2018-19 TOW #14: Antibiotics in primary care

School is in full swing, and we have already had the first cold of the season at our house. As we gear up for flu vaccines in preparation for viral season, it’s time to think about antibiotic use and stewardship in primary care setting. Our amazing general pediatrics and hospital medicine chair, Dr. Rita Mangione-Smith MD MPH, has been a lead researcher in informing this topic.

Materials for this week:

Take-home points:

  1. How often are antibiotics prescribed in outpt settings? More than 1 in 5 ambulatory visits for children results in antibiotic prescription. Studies have shown up to 1/3 of patients diagnosed with a common cold receive an antibiotic prescription. This increases up to 60% among patients presenting with bronchitis and other viral illnesses.
  2. What are some harms of antibiotic use from both an individual and a community-based standpoint? Individual harm includes diarrhea, upset stomach, adverse drug reactions, higher rates of resistant bacteria, and disruption of the gut microbiome. From a society standpoint, unnecessary antibiotic use contributes to excess health care costs and promotes antibiotic resistance.
  3. What situations trigger physicians to prescribe antibiotics for respiratory infections? Dr. Mangione-Smith and team found physicians were more likely to prescribe antibiotics for children with a cold if 1) they perceived the parent or patient expects it, 2) there is parental anxiety about the child’s illness before the visit, 3) they reported wheezing or rhonchi on exam, and 4) parents had very low SES (perhaps MDs may mistakenly believe it is faster to give ABX than explain what to do instead).
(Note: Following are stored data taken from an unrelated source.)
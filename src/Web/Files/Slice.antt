-- ===== src/Web/Files/Slice.antt =====
-- internal/web/server.go: what `sendFile` sends for a range of two numbers, and for one without a start.
use logfalcon.Prelude.{
  ℕ, zero, suc, ◌+◌, ◌-◌, ◌*◌, ◌^◌, ◌≤◌, ◌<◌, ◌≡◌, refl, ap, true, false, none, some, List, [], ◌∷◌,
  ◌++◌, min, arith, ◌==◌, ==_refl, leb, lt→ltb, on_if, bytes_eq, length, take, drop, All,
  length-drop, Bool-cases, inl, inr,
}
use logfalcon.Prelude.Ints.{pos, int_leb, int_ltb, pred_int}
use logfalcon.Web.Text.{has_prefix, cut, is_digit, digits_value, magnitude, signed, parse_int}
use logfalcon.Web.Stream.{Transfer}
use logfalcon.Web.Stream.Exact.{IsSmoothRead, stream_chunked-Sends}
use logfalcon.Web.Files.{
  Served, Reply, streamed, from_to, bytes_unit, first_byte, last_byte, clamped, in_size, both_bytes,
  asked_spec, asked, range_length, opened, stream_from, reply_asked, send_file,
}
use logfalcon.Web.Files.Range.{Lacks, minus_le}

pub cut_at :
    (sep : ℕ) (before after : List ℕ)
    → Lacks sep before
    → cut sep (before ++ sep ∷ after) ≡ some (before, after)
unfolding cut
cut_at sep [] after h = rw (==_refl sep) refl
cut_at sep (c ∷ before) after h = rw (h.0, cut_at sep before after h.1) refl

-- A text of digits has no sign.
digits_Lack : (acc v : ℕ) (s : List ℕ) → digits_value acc s ≡ some v → Lacks b'-' s
unfolding digits_value
digits_Lack acc v [] h = tt
digits_Lack acc v (c ∷ s) h = elim (Bool-cases (is_digit c)) [
  | inl d ↦ (not_dash d, digits_Lack (acc * 10 + (c - b'0')) v s (rw d at h))
  | inr d ↦ absurd (cc (h, d))
]
  where
    not_dash : is_digit c ≡ true → (c == b'-') ≡ false
    not_dash d = ground arith

first_digit : (c v : ℕ) (s : List ℕ) → magnitude (c ∷ s) ≡ some v → is_digit c ≡ true
unfolding magnitude digits_value
first_digit c v s h = elim (Bool-cases (is_digit c)) [ inl d ↦ d | inr d ↦ absurd (cc (h, d)) ]

not_minus : (c : ℕ) → is_digit c ≡ true → (c == b'-') ≡ false
not_minus c d = ground arith

not_plus : (c : ℕ) → is_digit c ≡ true → (c == b'+') ≡ false
not_plus c d = ground arith

-- What `magnitude` reads, `parse_int` reads as well.
parse_magnitude :
    (c v : ℕ) (s : List ℕ)
    → magnitude (c ∷ s) ≡ some v
    → v < 2 ^ 63
    → parse_int (c ∷ s) ≡ some (pos v)
unfolding parse_int signed
parse_magnitude c v s h lt =
    let d = first_digit c v s h in rw (not_minus c d, not_plus c d, h, lt→ltb v (2 ^ 63) lt) refl

-- The last byte, moved back into the file.
clamped_last : (size last : ℕ) → 0 < size → clamped size (pos last) ≡ pos (min last (size - 1))
unfolding clamped int_leb pred_int
clamped_last zero last h = elim h [ ]
clamped_last (suc size) last h =
    on_if (λ e. e ≡ pos (min last (suc size - 1))) (leb (suc size) last) (pos size) (pos last)
      (λ e. ap pos (low e)) (λ e. ap pos (high e))
  where
    low : leb (suc size) last ≡ true → size ≡ min last (suc size - 1)
    low e = ground arith

    high : leb (suc size) last ≡ false → last ≡ min last (suc size - 1)
    high e = ground arith

in_size_inside :
    (size start end : ℕ)
    → start ≤ end
    → start < size
    → in_size size (pos start) (pos end) ≡ from_to (pos start) (pos end)
unfolding in_size int_leb int_ltb
in_size_inside size start end le lt = ground arith

-- The header of a range: what it asks for.
asked_range :
    (size start last c : ℕ) (before after : List ℕ)
    → Lacks b'-' before
    → first_byte before ≡ some (pos start)
    → magnitude (c ∷ after) ≡ some last
    → last < 2 ^ 63
    → start ≤ last
    → start < size
    → asked size (bytes_unit ++ before ++ b'-' ∷ c ∷ after)
      ≡ from_to (pos start) (pos (min last (size - 1)))
unfolding asked has_prefix asked_spec both_bytes last_byte
asked_range size start last c before after lacks first h lt le inside =
    rw
      (
        cut_at b'-' before (c ∷ after) lacks,
        first,
        parse_magnitude c last after h lt,
        clamped_last size last (omega (arith, inside)),
      )
      (in_size_inside size start (min last (size - 1)) (omega (arith, le, inside)) inside)

-- The response is the bytes of the file from `start` to `end`.
abbrev pub IsSlice : Served → ℕ → ℕ → Reply → Type 0
IsSlice f start end r =
    (r.status ≡ 206)
    × ((t : Transfer) × ((r.body ≡ streamed (some t))
          × (t.sent ≡ take (end + 1 - start) (drop start f.bytes))))

module _ (f : Served) (if_none_match : List ℕ) (stat_good : f.stat_good ≡ true)
    (open_good : f.open_good ≡ true) (seek_good : f.seek_good ≡ true)
    (changed : bytes_eq if_none_match f.etag ≡ false)
    (smooth : All IsSmoothRead f.reads × All (λ w. w ≡ none) f.writes) where
  reply_IsSlice :
      (start end : ℕ)
      → start ≤ end
      → end < length f.bytes
      → IsSlice f start end (reply_asked f (from_to (pos start) (pos end)))
  unfolding reply_asked range_length stream_from
  reply_IsSlice start end le lt =
      let fits : end + 1 - start ≤ length (drop start f.bytes) =
        omega (arith, lt, length-drop start f.bytes) in
      let (t, (e, s)) = stream_chunked-Sends (end + 1 - start) (opened f start) fits smooth in
      rw (minus_le (end + 1) start (omega (arith, le)), seek_good) (refl, (t, (ap streamed e, s)))

  send_IsSlice :
      (range_header : List ℕ) (start end : ℕ)
      → asked (length f.bytes) range_header ≡ from_to (pos start) (pos end)
      → start ≤ end
      → end < length f.bytes
      → IsSlice f start end (send_file f if_none_match range_header)
  unfolding send_file
  send_IsSlice range_header start end e le lt =
      rw (stat_good, changed, open_good, e) (reply_IsSlice start end le lt)

  -- A request for the range from `start` to `last`, both in decimal and below 2^63, where the range is not
  -- empty and begins in the file, is answered by exactly those bytes of the file that there are, if the file
  -- opens, is not the one the client has, and no call fails.
  pub send_file-IsSlice :
      (start last c d : ℕ) (before after : List ℕ)
      → magnitude (c ∷ before) ≡ some start
      → magnitude (d ∷ after) ≡ some last
      → last < 2 ^ 63
      → start ≤ last
      → start < length f.bytes
      → IsSlice f start
          (min last (length f.bytes - 1))
          (send_file f if_none_match (bytes_unit ++ (c ∷ before) ++ b'-' ∷ d ∷ after))
  unfolding first_byte magnitude
  send_file-IsSlice start last c d before after h k lt le inside =
      let lacks = digits_Lack 0 start (c ∷ before) h in
      let first = parse_magnitude c start before h (omega (arith, lt, le)) in
      send_IsSlice _ start (min last (length f.bytes - 1))
        (asked_range (length f.bytes) start last d (c ∷ before) after lacks first k lt le inside)
        (omega (arith, le, inside)) (omega (arith, inside))

  -- A request for `bytes=-last`, in decimal, which asks for the last `last` bytes of the file, is answered
  -- by its first `last + 1` bytes, as far as there are so many.
  pub send_file_suffix-IsSlice :
      (last d : ℕ) (after : List ℕ)
      → magnitude (d ∷ after) ≡ some last
      → last < 2 ^ 63
      → 0 < length f.bytes
      → IsSlice f 0
          (min last (length f.bytes - 1))
          (send_file f if_none_match (bytes_unit ++ b'-' ∷ d ∷ after))
  unfolding first_byte
  send_file_suffix-IsSlice last d after k lt inside =
      send_IsSlice _ 0 (min last (length f.bytes - 1))
        (asked_range (length f.bytes) 0 last d [] after tt refl k lt (omega arith) inside)
        (omega arith) (omega (arith, inside))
Other studies have also found we prescribe more in visits that occur later in the day (consistent with decision fatigue).
  4. What are the principles of responsible antibiotic prescribing? 1) Determine the likelihood of a bacterial infection-use diagnostic criteria and guidelines, as well as tests to determine pre-test probability when possible, such as Centor criteria for sore throat and strep infection, and clear clinical findings for acute otitis media; 2) Weigh benefits and risks of ABX treatment to determine whether they should be given, and 3) Use judicious prescribing strategies (i.e., the most narrow-spectrum and effective antibiotic for the appropriate duration – this might include a watch and wait approach, if appropriate).
  5. What methods can we use to counsel family members about antibiotics? As per Dr. Mangione-Smith’s research, we are likely to get more questioning of the treatment if we specifically say “antibiotics are not needed” when we summarize the treatment plan, rather than focusing on positive, supportive treatment that parents can implement. When parents suggest a “candidate diagnosis” that might require antibiotics, like ear infection, sinusitis, or pneumonia, we should explain how we will determine the diagnosis based on the exam. Other strategies we can use: align with parents on goals of helping the child get well as quickly and safely as possible, legitimize symptoms and concerns for bringing the child in, and address parent anxiety and effort. Addressing specific ways to manage symptoms (analgesics, elevated head of bed, steam/ warm baths, honey for cough, etc.) is helpful. I’ve also taken to highlighting the benefit of building the immune system in young ages, as this potentially helps lower risk of autoimmune diseases later.